(Stored data entries)
-- ===== src/Json.antt =====
-- The content of an unstructured Kubernetes object: decoded JSON, as `map[string]interface{}`.
-- A nil slice and an empty one are one value here.
use metacontroller.Prelude.{
  ℕ, suc, ◌<◌, max, String, Bool, List, [], ◌∷◌, Dict, ◌≡◌, refl, ap, All, arith,
}

-- `negsuc n` is -(n + 1).
pub data ℤ : Type 0 where
  pos : ℕ → ℤ
  negsuc : ℕ → ℤ

mutual
  pub data Value : Type 0 where
    null : Value
    bool : Bool → Value
    int : ℤ → Value  -- int64
    float : ℕ → Value  -- the bit pattern of a float64
    str : String → Value
    arr : Items → Value
    obj : Fields → Value

  pub data Items : Type 0 where
    no_items : Items
    cons : Value → Items → Items

  pub data Fields : Type 0 where
    no_fields : Fields
    field : String → Value → Fields → Fields

abbrev pub Object : Type 0
Object = Dict String Value

abbrev pub items : Items → List Value
items no_items = []
items (cons x xs) = x ∷ items xs

abbrev pub to_items : List Value → Items
to_items [] = no_items
to_items (x ∷ xs) = cons x (to_items xs)

abbrev pub entries : Fields → Object
entries no_fields = []
entries (field k v fs) = (k, v) ∷ entries fs

abbrev pub to_fields : Object → Fields
to_fields [] = no_fields
to_fields ((k, v) ∷ m) = field k v (to_fields m)

abbrev pub object : Object → Value
object m = obj (to_fields m)

abbrev pub array : List Value → Value
array xs = arr (to_items xs)

pub entries-to_fields : (m : Object) → entries (to_fields m) ≡ m
entries-to_fields [] = refl
entries-to_fields ((k, v) ∷ m) = ap (λ (r : Object). (k, v) ∷ r) (entries-to_fields m)

pub items-to_items : (xs : List Value) → items (to_items xs) ≡ xs
items-to_items [] = refl
items-to_items (x ∷ xs) = ap (λ (r : List Value). x ∷ r) (items-to_items xs)

unfoldable mutual
  pub height : Value → ℕ
  height null = 0
  height (bool b) = 0
  height (int n) = 0
  height (float n) = 0
  height (str s) = 0
  height (arr xs) = suc (height_items xs)
  height (obj fs) = suc (height_fields fs)

  pub height_items : Items → ℕ
  height_items no_items = 0
  height_items (cons x xs) = max (height_items xs) (height x)

  pub height_fields : Fields → ℕ
  height_fields no_fields = 0
  height_fields (field k v fs) = max (height_fields fs) (height v)

-- Every value of an object, or item of a list, lies below a height.
abbrev pub Below : ℕ → Object → Type 0
Below n = All (λ (e : String × Value). height e.1 < n)

abbrev pub ItemsBelow : ℕ → List Value → Type 0
ItemsBelow n = All (λ (v : Value). height v < n)

pub entries-Below : (fs : Fields) (n : ℕ) → height_fields fs < n → Below n (entries fs)
unfolding height
entries-Below no_fields n h = tt
entries-Below (field k v fs) n h = (omega arith, entries-Below fs n (omega arith))

pub items-ItemsBelow : (xs : Items) (n : ℕ) → height_items xs < n → ItemsBelow n (items xs)
unfolding height
items-ItemsBelow no_items n h = tt
items-ItemsBelow (cons x xs) n h = (omega arith, items-ItemsBelow xs n (omega arith))
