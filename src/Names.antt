-- ===== src/Names.antt =====
-- Names of kinds and versions: GroupVersionKind of pkg/controller/common/api/api.go with its text form,
-- ParseAPIVersion of pkg/controller/common/common.go, and the keys `kind.group` by which
-- pkg/controller/composite and pkg/controller/decorator look up a kind.
pub mod RoundTrip
mod Tests
use Prim.Native.String
use metacontroller.Prelude.{
  String, Bool, true, ◌&&◌, Option, none, some, Result, ok, err, ◌≡◌, ◌↔◌, refl, arith, ◌==◌,
  Comparable, string_eq, if◌then◌else◌, cut, Pair,
}

pub record Gvk : Type 0 where
  pub group : String
  pub version : String
  pub kind : String

pub record GroupKind : Type 0 where
  pub group : String
  pub kind : String

abbrev pub group_kind : Gvk → GroupKind
group_kind gvk = record { group = gvk.group; kind = gvk.kind }

pub gvk_same_iff :
    (a b : Gvk)
    → ((a.group == b.group && (a.version == b.version && a.kind == b.kind)) ≡ true) ↔ (a ≡ b)
gvk_same_iff a b = ground (
  arith,
  string_eq.same_iff a.group b.group,
  string_eq.same_iff a.version b.version,
  string_eq.same_iff a.kind b.kind,
)

instance abbrev pub gvk_eq : Comparable Gvk
gvk_eq = record {
  same = λ a b. a.group == b.group && (a.version == b.version && a.kind == b.kind);
  same_iff = gvk_same_iff;
}

pub group_kind_same_iff :
    (a b : GroupKind) → ((a.group == b.group && a.kind == b.kind) ≡ true) ↔ (a ≡ b)
group_kind_same_iff a b =
    ground (arith, string_eq.same_iff a.group b.group, string_eq.same_iff a.kind b.kind)

instance abbrev pub group_kind_eq : Comparable GroupKind
group_kind_eq = record {
  same = λ a b. a.group == b.group && a.kind == b.kind;
  same_iff = group_kind_same_iff;
}

-- `a.b` and `a/b`, as `fmt.Sprintf` joins them.
abbrev pub dotted : String → String → String
dotted a b = String.◌++◌ a (String.◌∷◌ "." b)

abbrev pub slashed : String → String → String
slashed a b = String.◌++◌ a (String.◌∷◌ "/" b)

unfoldable pub marshal_text : Gvk → String
marshal_text gvk =
    if gvk.group == ""
    then dotted gvk.kind gvk.version
    else dotted gvk.kind (slashed gvk.group gvk.version)

-- `schema.ParseGroupVersion`, from a text to a group and a version.
abbrev pub GroupVersionParser : Type 0
GroupVersionParser = String → Option Pair

unfoldable pub unmarshal_text : GroupVersionParser → String → Option Gvk
unmarshal_text parse_group_version text = elim (cut b'.' text) [
  | none ↦ none
  | some (kind, rest) ↦ elim (parse_group_version rest) [
    | none ↦ none
    | some (group, version) ↦ some (record { group = group; version = version; kind = kind })
  ]
]

unfoldable pub parse_api_version : String → Pair
parse_api_version api_version = elim (cut b'/' api_version) [
  | none ↦ ("", api_version)
  | some (group, version) ↦ (group, version)
]

-- `claimMapKey` and `selectorMapKey`.
unfoldable pub claim_map_key : String → String → String
claim_map_key api_group kind = dotted kind api_group
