-- ===== src/Objects.antt =====
-- What the controllers read of a Kubernetes object through the accessors of
-- k8s.io/apimachinery (metav1.Object, unstructured.Unstructured), which are a parameter.
use metacontroller.Prelude.{String, Bool, Option, none, List, []}
use metacontroller.Json.{ℤ, pos, Object}
use metacontroller.Names.{Gvk}

-- metav1.OwnerReference
pub record OwnerReference : Type 0 where
  pub api_version : String
  pub kind : String
  pub name : String
  pub uid : String
  pub controller : Option Bool
  pub block_owner_deletion : Option Bool

pub record Accessors (Obj : Type 0) : Type 0 where
  pub gvk : Obj → Gvk
  pub api_version : Obj → String
  pub kind : Obj → String
  pub namespace : Obj → String
  pub name : Obj → String
  pub uid : Obj → String
  pub generation : Obj → ℤ
  pub resource_version : Obj → String
  pub deletion_timestamp : Obj → Option String
  pub finalizers : Obj → List String
  pub owner_references : Obj → List OwnerReference
  pub content : Obj → Object

-- An object that is its own metadata, for runs and examples.
pub record PlainObject : Type 0 where
  pub gvk : Gvk
  pub api_version : String
  pub namespace : String
  pub name : String
  pub uid : String
  pub generation : ℤ
  pub resource_version : String
  pub deletion_timestamp : Option String
  pub finalizers : List String
  pub owner_references : List OwnerReference
  pub content : Object

abbrev pub plain_accessors : Accessors PlainObject
plain_accessors = record {
  gvk = λ o. o.gvk;
  api_version = λ o. o.api_version;
  kind = λ o. o.gvk.kind;
  namespace = λ o. o.namespace;
  name = λ o. o.name;
  uid = λ o. o.uid;
  generation = λ o. o.generation;
  resource_version = λ o. o.resource_version;
  deletion_timestamp = λ o. o.deletion_timestamp;
  finalizers = λ o. o.finalizers;
  owner_references = λ o. o.owner_references;
  content = λ o. o.content;
}

abbrev pub plain_object : Gvk → String → String → String → PlainObject
plain_object gvk namespace name uid = record {
  gvk = gvk;
  api_version = gvk.version;
  namespace = namespace;
  name = name;
  uid = uid;
  generation = pos 1;
  resource_version = "1";
  deletion_timestamp = none;
  finalizers = [];
  owner_references = [];
  content = [];
}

## Task
When the string "cons" appears in a line of the records above, that line is to be copied.

## Answer to the exercise
    cons : Value → Items → Items
items (cons x xs) = x ∷ items xs
to_items (x ∷ xs) = cons x (to_items xs)
  height_items (cons x xs) = max (height_items xs) (height x)
items-ItemsBelow (cons x xs) n h = (omega arith, items-ItemsBelow xs n (omega arith))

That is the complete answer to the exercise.